IETab is a FF ad-on that allows you to temporarily use Internet Explorer for certain sites that only IE will work on. You can Google FF add ons to find it. However, maybe you don't need it since Steve added the new FF viewer. If FF is working for you now without it, I wouldn't add it. I'm going to disable it and try it without it. I have an old machine and FF add-ons can really bog it down.


----------



## bklopsy (Feb 5, 2010)

Good to know. Thanks


----------



## bklopsy (Feb 5, 2010)

I lost 1/2 tablespoon of gold powder to my crucible. I watched steve's video regarding preraration and I did that prior to first button. Surface looked shinny so I thought I was ok for second button. I tried to flake what I thought was gold but was black brittle ash: I presume fritterered borax

The crucible I used was from a cheap ebay set of four. I just ordered new ones from Steve. The Borax I used is Griffith by "Grobet USA." 

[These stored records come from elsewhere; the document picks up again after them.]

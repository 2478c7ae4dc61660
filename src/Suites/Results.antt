-- ===== src/Suites/Results.antt =====
-- The results of one run of a suite, and the parts of Python that read them: sorted texts, substrings and
-- membership. Durations are in microseconds.
use autocontribute.Base.{
  ℕ, String, Option, none, some, Bool, true, false, not, ◌||◌, List, [], ◌∷◌, ◌++◌, any, str_eq,
  is_none, if◌then◌else◌, ◌≡◌, refl, ap, ◌∙◌, arith, eq_iff, inl, inr, Bool-cases,
}
use Prim.Native.String.{◌++◌ as join, compare}
use text.Mathlib.Text.{starts_with, is_lt, find?}
use autocontribute.Base.Dict.{Dict, lookup}

-- CaseStatus
pub data CaseStatus : Type 0 where
  passed failed error skipped : CaseStatus

-- CaseResult
pub record CaseResult : Type 0 where
  pub test_id : String
  pub status : CaseStatus
  pub duration_seconds : Option ℕ
  pub message : String
  pub collection_error : Bool

-- SuiteRun, without the end of its output
pub record SuiteRun : Type 0 where
  pub exit_code : ℕ
  pub timed_out : Bool
  pub duration_seconds : ℕ
  pub results : Dict CaseResult
  pub per_test : Bool
  pub failure : Option String

abbrev pub is_passed : CaseStatus → Bool
is_passed passed = true
is_passed _ = false

abbrev pub is_skipped : CaseStatus → Bool
is_skipped skipped = true
is_skipped _ = false

abbrev pub is_failed : CaseStatus → Bool
is_failed failed = true
is_failed _ = false

-- `status in _FAILING`
abbrev pub is_failing : CaseStatus → Bool
is_failing failed = true
is_failing error = true
is_failing _ = false

-- `status in _REGRESSED`
abbrev pub is_regressed : CaseStatus → Bool
is_regressed status = not (is_passed status)

-- a test that a run does not list has no status
abbrev pub status_of : Option CaseResult → Option CaseStatus
status_of none = none
status_of (some r) = some r.status

abbrev pub holds : (CaseStatus → Bool) → Option CaseStatus → Bool
holds p none = false
holds p (some status) = p status

-- the status of a test in a run satisfies `p`
abbrev pub run_has : (CaseStatus → Bool) → String → SuiteRun → Bool
run_has p test_id run = holds p (status_of (lookup test_id run.results))

abbrev pub contains : String → List String → Bool
contains t ts = any (str_eq t) ts

-- `sorted`
abbrev insert_sorted : String → List String → List String
insert_sorted t [] = t ∷ []
insert_sorted t (u ∷ us) = if is_lt (compare u t) then u ∷ insert_sorted t us else t ∷ u ∷ us

unfoldable pub sorted : List String → List String
sorted [] = []
sorted (t ∷ ts) = insert_sorted t (sorted ts)

-- a set of texts
abbrev pub distinct : List String → List String
distinct [] = []
distinct (t ∷ ts) = let rest = distinct ts in if contains t ts then rest else t ∷ rest

abbrev pub keys {ℓ} : {V : Type ℓ} → Dict V → List String
keys [] = []
keys ((k, v) ∷ d) = k ∷ keys d

abbrev pub concat : List (List String) → List String
concat [] = []
concat (ts ∷ tss) = ts ++ concat tss

-- `needle in text`
abbrev pub occurs_in : String → String → Bool
occurs_in needle text = not (is_none (find? text needle))

-- _within
abbrev pub within : String → String → Bool
within test_id scope = starts_with test_id (join scope "::") || starts_with test_id (join scope ".")

-- SUITE_TEST_ID
abbrev pub suite_test_id : String
suite_test_id = "<suite>"

contains-insert_sorted :
    (t u : String) (us : List String)
    → contains t (insert_sorted u us) ≡ str_eq t u || contains t us
contains-insert_sorted t u [] = refl
contains-insert_sorted t u (w ∷ us) = let ih = contains-insert_sorted t u us in ground arith

pub contains-sorted : (t : String) (ts : List String) → contains t (sorted ts) ≡ contains t ts
unfolding sorted
contains-sorted t [] = refl
contains-sorted t (u ∷ us) =
    contains-insert_sorted t u (sorted us) ∙ ap (λ b. str_eq t u || b) (contains-sorted t us)

pub contains-distinct : (t : String) (ts : List String) → contains t (distinct ts) ≡ contains t ts
contains-distinct t [] = refl
contains-distinct t (u ∷ us) =
    let ih = contains-distinct t us in
    elim (Bool-cases (contains u us)) [
      | inr new ↦ ground arith
      | inl known ↦ elim (Bool-cases (str_eq t u)) [
        | inr other ↦ ground arith
        | inl same ↦
            let name : t ≡ u = ground (arith, eq_iff t u) in
            let there = ap (λ x. contains x us) name in ground arith
      ]
    ]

Can someone please educate me.


----------



## dick b (Feb 5, 2010)

First of all, you haven't lost your gold unless you threw the crucible away!
If you can, post a pic of it and of the box of borax you used, someone will help you get it back. Also tell us how you heated the powder and with what.
Patience!!!!!
dickb


----------



## Oz (Feb 5, 2010)

Bklopsy,

It would help if you explained what you did in detail. When you say you “lost a ½ teaspoon” it does not mean much, was it a powder from precipitate? Were you using a torch with a furnace like Steve sells or an open crucible/ melting dish, or an electric furnace. By lost to your crucible do you mean blown away or now the gold is part of the crucible/flux.

Here is a picture of one of my gold crucibles. It is a poor picture taken with my phone but it should show you well enough how a crucible should look if used for only fine gold with torch melting.


----------



## bklopsy (Feb 5, 2010)

I used an open crucible and torch: identical to that used in Steve's video. I will get pictures up as soon as I figure out new phone I just purchased.
Brooks


----------